Unter Podcasts gibt es den Bereich Profile. Dort muß man im Arbeitsbereich folgendes beide Profiltypen konfigurieren. Am einfachsten beginnt man damit bei den existierenden Profilen folgendes zu bearbeiten:

Sprecherprofile

  • Stimmenmodell
  • Stimmen-ID: manche Stimmenmodelle enthalten mehr als eine Stimme, in der Doku des Modells sind die Namen/IDs der Stimmen mit ihren Eigenschaften zu finden - bei Sprecherprofilen mit mehr als einer Sprecher ist jeweils eine unterschiedliche Stimme zuzuweisen!
  • TTS-Überschreibung pro Sprecher: wenn ein Stimmenmodell nur eine Stimme enthält (z.B. bei den Piper-Modellen in Deutsch) kann für jeden Sprecher das Stimmenmodell übersteuert werden

Episodenprofile

  • Gliederungsmodell: KI-Modell, dass die Episode in die gewünschte Anzahl an Gliederungspunkten aufteilt
  • Transkriptmodell: KI-Modell, dass den finalen, gesamten Episodentext zusammenstellt.
  • Podcastsprache: Sprache, in der der Podcast erzeugt werden soll (Achtung! Abhängigkeit: nicht jedes Stimmenmodell unterstützt alle Sprachen!)

Podcast erzeugen

Unter Podcast - Episoden lassen sich einzelne Postcast-Folgen erzeugen.

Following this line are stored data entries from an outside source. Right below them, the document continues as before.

-- ===== src/Tickets/Pool.antt =====
-- `LiveTicketsPool`: the tickets under their identifiers.
use Prim.Native.String.{String}
use rusty_coin.Common.{
  ℕ, ◌+◌, ◌%◌, Bool, true, false, ◌&&◌, Option, none, some, List, [], ◌∷◌, map, length, leb, ◌==◌,
  if◌then◌else◌,
}
use rusty_coin.Common.HashMap.{HashMap, get, insert, remove}
use rusty_coin.Common.Result.{Result, ok, err}
use rusty_coin.Common.Sorting.{sort_by, bytes_le}
use rusty_coin.Common.Words.{Bytes, u64_mod}
use rusty_coin.Types.Tx.{Hash, TxOutput, hash_key, Hash-discrete}
use rusty_coin.Types.Transaction.{Transaction, ticket_purchase}
use rusty_coin.Types.Block.{Block}

pub data TicketStatus : Type 0 where
  pending live voted expired revoked : TicketStatus

-- A `TicketId` is its 32 bytes.
pub record Ticket : Type 0 where
  pub id : Hash
  pub pubkey : Bytes
  pub height : ℕ
  pub value : ℕ
  pub status : TicketStatus

abbrev pub LiveTicketsPool : Type 0
LiveTicketsPool = HashMap Hash Ticket

-- The ticket can be serialised.
unfoldable pub add_ticket : LiveTicketsPool → Ticket → LiveTicketsPool
add_ticket pool ticket = insert ticket.id ticket pool

-- The pool that is left, and the ticket.
unfoldable pub remove_ticket : LiveTicketsPool → Hash → Result String (LiveTicketsPool × Ticket)
remove_ticket pool ticket_id = elim (get ticket_id pool) [
  | none ↦ err "Ticket not found in live pool."
  | some ticket ↦ ok (remove ticket_id pool, ticket)
]

unfoldable pub get_ticket : LiveTicketsPool → Hash → Option Ticket
get_ticket pool ticket_id = get ticket_id pool

unfoldable pub get_ticket_by_pubkey : LiveTicketsPool → Bytes → Option Ticket
get_ticket_by_pubkey [] pubkey = none
get_ticket_by_pubkey ((id, ticket) ∷ pool) pubkey =
    let rest = get_ticket_by_pubkey pool pubkey in
    elim (Hash-discrete ticket.pubkey pubkey) [ yes p ↦ some ticket | no p ↦ rest ]

unfoldable pub count_live_tickets : LiveTicketsPool → ℕ
count_live_tickets pool = length pool

unfoldable pub get_ticket_ids_sorted : LiveTicketsPool → List Hash
unfolding sort_by bytes_le
get_ticket_ids_sorted pool = sort_by bytes_le (map (λ entry. entry.0) pool)

abbrev pub pos_finality_depth : ℕ
pos_finality_depth = 1

abbrev pub is_pending : TicketStatus → Bool
is_pending pending = true
is_pending live = false
is_pending voted = false
is_pending expired = false
is_pending revoked = false

-- The body of the loop of `process_ticket_finality`.
unfoldable pub finalize : ℕ → Ticket → Ticket
finalize current_height ticket =
    if is_pending ticket.status
      && leb ((ticket.height + pos_finality_depth) % u64_mod) current_height
    then record ticket { status = live }
    else ticket

unfoldable pub process_ticket_finality : ℕ → LiveTicketsPool → LiveTicketsPool
unfolding finalize
process_ticket_finality current_height [] = []
process_ticket_finality current_height ((id, ticket) ∷ pool) =
    (id, finalize current_height ticket) ∷ process_ticket_finality current_height pool

unfoldable pub remove_tickets : List Hash → LiveTicketsPool → LiveTicketsPool
remove_tickets [] pool = pool
remove_tickets (ticket_id ∷ ids) pool = remove_tickets ids (remove ticket_id pool)

-- The ticket of a purchase: its identifier is the hash of the key, not the one that the transaction
-- names.
unfoldable pub purchased_ticket : (Bytes → Hash) → ℕ → TxOutput → Bytes → Ticket
purchased_ticket blake3 height output public_key = record {
  id = blake3 public_key;
  pubkey = public_key;
  height = height;
  value = output.value;
  status = pending;
}

-- A purchase, with the two errors in their order.
unfoldable pub purchase :
    (Bytes → Hash) → ℕ → List TxOutput → Bytes → LiveTicketsPool → Result String LiveTicketsPool
unfolding purchased_ticket add_ticket
purchase blake3 height [] ticket_address pool =
    err "Ticket purchase transaction has no output for ticket."
purchase blake3 height (output ∷ outputs) ticket_address pool =
    if length ticket_address == 32
    then ok (add_ticket pool (purchased_ticket blake3 height output ticket_address))
    else err "Invalid public key length in ticket address."

-- What an update ends with: the pool as it was left, and the error that stopped it.
pub record Updated : Type 0 where
  pub pool : LiveTicketsPool
  pub error : Option String

-- The loop over the transactions; only a purchase changes the pool.
unfoldable pub add_purchases : (Bytes → Hash) → ℕ → List Transaction → LiveTicketsPool → Updated
unfolding purchase
add_purchases blake3 height [] pool = record { pool = pool; error = none }
add_purchases blake3 height (ticket_purchase _ _ outputs _ _ _ _ ticket_address _ ∷ txs) pool =
    elim (purchase blake3 height outputs ticket_address pool) [
      | err e ↦ record { pool = pool; error = some e }
      | ok pool' ↦ add_purchases blake3 height txs pool'
    ]
add_purchases blake3 height (_ ∷ txs) pool = add_purchases blake3 height txs pool

-- Nothing becomes live where an error stopped the loop.
unfoldable pub update_for_new_block : (Bytes → Hash) → LiveTicketsPool → Block → List Hash → Updated
unfolding remove_tickets add_purchases process_ticket_finality
update_for_new_block blake3 pool block used_ticket_ids =
    let added =
      add_purchases blake3 block.header.height block.transactions
        (remove_tickets used_ticket_ids pool) in
    elim added.error [
      | none ↦ record added { pool = process_ticket_finality block.header.height added.pool }
      | some e ↦ added
    ]

-- The loop over the transactions of a block that is reverted.
unfoldable pub remove_purchases : List Transaction → LiveTicketsPool → LiveTicketsPool
remove_purchases [] pool = pool
remove_purchases (ticket_purchase _ _ _ ticket_id _ _ _ _ _ ∷ txs) pool =
    remove_purchases txs (remove ticket_id pool)
remove_purchases (_ ∷ txs) pool = remove_purchases txs pool

-- The used tickets are not put back.
unfoldable pub update_for_revert_block : LiveTicketsPool → Block → List Hash → LiveTicketsPool
unfolding remove_purchases
update_for_revert_block pool block used_ticket_ids = remove_purchases block.transactions pool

  1. auf Podcast erzeugen drücken
  2. Auswahl der einzubeziehenden Quellen
  3. Auswahl Episodenprofil
  4. Episodenname: Festlegung des Podcast-Themas
  5. Zusätzliche anweisungen: weitere Festlegungen zum Podcast-Inhalt
  6. Erzeugen

Bei mir wird die Podcast Sprache ignoriert, die Ausgabe ist leider immer in Englisch.

Dazu gab es einen Bug, der eigentlich bereits gefixt sein sollte. Ich habe das mal kommentiert und hoffe auf Fehlerbehebung.